§ **Information supplied**
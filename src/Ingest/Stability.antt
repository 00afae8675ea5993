-- ===== src/Ingest/Stability.antt =====
-- When an upload in incoming/ counts as finished: `plan_ingest_decision`, and the polls of
-- `media_wlc_process_incoming` that call it. Times are counts of one unit (microseconds).
use srhc_observability_claud.Prelude.{
  inl, ℕ, ◌+◌, ◌≤◌, ◌≡◌, ◌↔◌, ◌⊎◌, inl, inr, Bool-cases, refl, Bool, true, ◌&&◌, Option, none, some,
  List, [], ◌∷◌, arith, ltb, ◌==◌, if◌then◌else◌,
}

-- `file_signature`
pub record Signature : Type 0 where
  pub size_bytes : ℕ
  pub mtime_ns : ℕ

abbrev pub signature_eq : Signature → Signature → Bool
signature_eq a b = a.size_bytes == b.size_bytes && a.mtime_ns == b.mtime_ns

pub data Decision : Type 0 where
  wait_new wait_changed wait_too_soon ready : Decision

-- The part that compares times.
unfoldable pub decide_elapsed : Option ℕ → ℕ → ℕ → Decision
decide_elapsed none now min_gap = wait_new
decide_elapsed (some start) now min_gap = if ltb now (start + min_gap) then wait_too_soon else ready

unfoldable pub plan_ingest_decision : Option Signature → Option ℕ → Signature → ℕ → ℕ → Decision
unfolding decide_elapsed
plan_ingest_decision none prev_observed_at current now min_gap = wait_new
plan_ingest_decision (some prev) prev_observed_at current now min_gap =
    if signature_eq current prev then decide_elapsed prev_observed_at now min_gap else wait_changed

-- What the caller keeps of its last observation, in the metadata of the artifact row.
pub record Observed : Type 0 where
  pub signature : Signature
  pub observed_at : ℕ

-- One poll of the file: its signature and the time.
pub record Poll : Type 0 where
  pub current : Signature
  pub now : ℕ

abbrev pub signature_of : Option Observed → Option Signature
signature_of none = none
signature_of (some o) = some o.signature

abbrev pub time_of : Option Observed → Option ℕ
time_of none = none
time_of (some o) = some o.observed_at

unfoldable pub decision_at : ℕ → Option Observed → Poll → Decision
unfolding plan_ingest_decision
decision_at min_gap observed poll =
    plan_ingest_decision (signature_of observed) (time_of observed) poll.current poll.now min_gap

-- `media_wlc_process_incoming` stores the observation on wait_new and wait_changed, and keeps the
-- stored one on wait_too_soon and ready.
unfoldable pub store : Decision → Option Observed → Poll → Option Observed
store wait_new observed poll = some (record { signature = poll.current; observed_at = poll.now })
store wait_changed observed poll =
    some (record { signature = poll.current; observed_at = poll.now })
store _ observed poll = observed

-- The observation that is stored after some polls, the latest poll first.
unfoldable pub observed_after : ℕ → List Poll → Option Observed
unfolding store decision_at
observed_after min_gap [] = none
observed_after min_gap (poll ∷ earlier) =
    let observed = observed_after min_gap earlier in
    store (decision_at min_gap observed poll) observed poll

-- plan_ingest_decision says ready exactly when the signature is the one of the previous
-- observation, that observation has a time, and at least the minimal gap has passed since then.
plan_ingest_decision_ready :
    (prev : Option Signature) (observed_at : Option ℕ) (current : Signature) (now min_gap : ℕ)
    → (plan_ingest_decision prev observed_at current now min_gap ≡ ready) ↔ (
        (prev ≡ some current)
        × ((start : ℕ) × (observed_at ≡ some start) × (start + min_gap ≤ now)))
unfolding plan_ingest_decision
plan_ingest_decision_ready none observed_at current now min_gap = (λ h. cc, λ h. cc (h.0))
plan_ingest_decision_ready (some prev) none current now min_gap = ground arith
plan_ingest_decision_ready (some prev) (some start) current now min_gap =
    (λ h. (ground arith, (start, refl, ground arith)), λ h. ground (arith, h.0, h.1.1))

-- The polls since (and with) the time `start` all saw the signature.
abbrev pub SameSince : ℕ → Signature → List Poll → Type 0
SameSince start s [] = ⊥
SameSince start s (poll ∷ earlier) =
    (poll.current ≡ s) × ((poll.now ≡ start) ⊎ SameSince start s earlier)

abbrev pub StoredSince : Option Observed → List Poll → Type 0
StoredSince none polls = polls ≡ []
StoredSince (some o) polls = SameSince o.observed_at o.signature polls

signature_eq_sound : (a b : Signature) → signature_eq a b ≡ true → a ≡ b
signature_eq_sound a b h = ground arith

store-StoredSince :
    (min_gap : ℕ) (o : Option Observed) (poll : Poll) (earlier : List Poll)
    → StoredSince o earlier
    → StoredSince (store (decision_at min_gap o poll) o poll) (poll ∷ earlier)
unfolding store decision_at
store-StoredSince min_gap none poll earlier h = (refl, inl refl)
store-StoredSince min_gap (some o) poll earlier h =
    elim (Bool-cases (signature_eq poll.current o.signature)) [
      | inr e ↦ rw (e, store) (refl, inl refl)
      | inl e ↦ elim (Bool-cases (ltb poll.now (o.observed_at + min_gap))) [
        | inl soon ↦ rw (e, soon, store) (signature_eq_sound poll.current o.signature e, inr h)
        | inr late ↦ rw (e, late, store) (signature_eq_sound poll.current o.signature e, inr h)
      ]
    ]

observed_after-StoredSince :
    (min_gap : ℕ) (polls : List Poll) → StoredSince (observed_after min_gap polls) polls
unfolding observed_after
observed_after-StoredSince min_gap [] = refl
observed_after-StoredSince min_gap (poll ∷ earlier) =
    store-StoredSince min_gap (observed_after min_gap earlier) poll earlier
      (observed_after-StoredSince min_gap earlier)

ready_of_stored :
    (min_gap : ℕ) (o : Option Observed) (poll : Poll) (earlier : List Poll)
    → StoredSince o earlier
    → decision_at min_gap o poll ≡ ready
    → (start : ℕ) × (start + min_gap ≤ poll.now) × SameSince start poll.current earlier
unfolding decision_at
ready_of_stored min_gap none poll earlier h r = cc
ready_of_stored min_gap (some o) poll earlier h r =
    let late : o.observed_at + min_gap ≤ poll.now = ground arith in
    let same : signature_eq poll.current o.signature ≡ true = ground arith in
    (o.observed_at, late, rw (signature_eq_sound poll.current o.signature same) h)

-- Whatever was polled before, if the decision at a poll is ready, then there is an earlier poll,
-- at a time at least the minimal gap before, such that it and all polls after it saw the same
-- size and modification time as this one.
pub ready_is_stable :
    (min_gap : ℕ) (poll : Poll) (earlier : List Poll)
    → decision_at min_gap (observed_after min_gap earlier) poll ≡ ready
    → (start : ℕ) × (start + min_gap ≤ poll.now) × SameSince start poll.current earlier
ready_is_stable min_gap poll earlier r =
    ready_of_stored min_gap (observed_after min_gap earlier) poll earlier
      (observed_after-StoredSince min_gap earlier) r

-- After a poll that started an observation (wait_new or wait_changed), a poll of the same
-- signature is too soon exactly while less than the minimal gap has passed, and else ready.
stable_becomes_ready :
    (min_gap : ℕ) (first later : Poll) (earlier : List Poll)
    → observed_after min_gap (first ∷ earlier)
      ≡ some (record { signature = first.current; observed_at = first.now })
    → later.current ≡ first.current
    → decision_at min_gap (observed_after min_gap (first ∷ earlier)) later
      ≡ (if ltb later.now (first.now + min_gap) then wait_too_soon else ready)
stable_becomes_ready min_gap first later earlier stored same =
    rw stored (unfold decision_at in ground arith)
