-- ===== src/Ingest/Container.antt =====
-- Capture containers: the magic numbers and `looks_like_pcap`.
use srhc_observability_claud.Prelude.{
  ℕ, Bool, false, ◌||◌, List, [], ◌∷◌, take, length, ltb, if◌then◌else◌,
}
use srhc_observability_claud.Prelude.Text.{text_eq}

-- Bytes are numbers below 256.
abbrev pub Bytes : Type 0
Bytes = List ℕ

-- `PCAP_MAGIC_NUMBERS`
abbrev pub pcap_magic_numbers : List Bytes
pcap_magic_numbers =
    (0xa1 ∷ 0xb2 ∷ 0xc3 ∷ 0xd4 ∷ [])
    ∷ (0xd4 ∷ 0xc3 ∷ 0xb2 ∷ 0xa1 ∷ [])
    ∷ (0xa1 ∷ 0xb2 ∷ 0x3c ∷ 0x4d ∷ [])
    ∷ (0x4d ∷ 0x3c ∷ 0xb2 ∷ 0xa1 ∷ [])
    ∷ []

abbrev pub pcapng_section_header_block : Bytes
pcapng_section_header_block = 0x0a ∷ 0x0d ∷ 0x0d ∷ 0x0a ∷ []

-- `head in PCAP_MAGIC_NUMBERS`
abbrev pub is_in : Bytes → List Bytes → Bool
is_in head [] = false
is_in head (magic ∷ rest) = text_eq head magic || is_in head rest

unfoldable pub is_container : Bytes → Bool
is_container head = is_in head pcap_magic_numbers || text_eq head pcapng_section_header_block

-- `magic_bytes` on bytes
abbrev pub magic_bytes : Bytes → Bytes
magic_bytes source = take 4 source

unfoldable pub looks_like_pcap : Bytes → Bool
unfolding is_container
looks_like_pcap source =
    if ltb (length (magic_bytes source)) 4 then false else is_container (magic_bytes source)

§ **Exercise requirements**
Your task is to transcribe, with no changes, only the lines of the listing above that lie between the line holding "o poll ≡ ready" and the line holding "let late : o.observed_at", inclusive.

§ **Solution to this exercise**
    → decision_at min_gap o poll ≡ ready
    → (start : ℕ) × (start + min_gap ≤ poll.now) × SameSince start poll.current earlier
unfolding decision_at
ready_of_stored min_gap none poll earlier h r = cc
ready_of_stored min_gap (some o) poll earlier h r =
    let late : o.observed_at + min_gap ≤ poll.now = ground arith in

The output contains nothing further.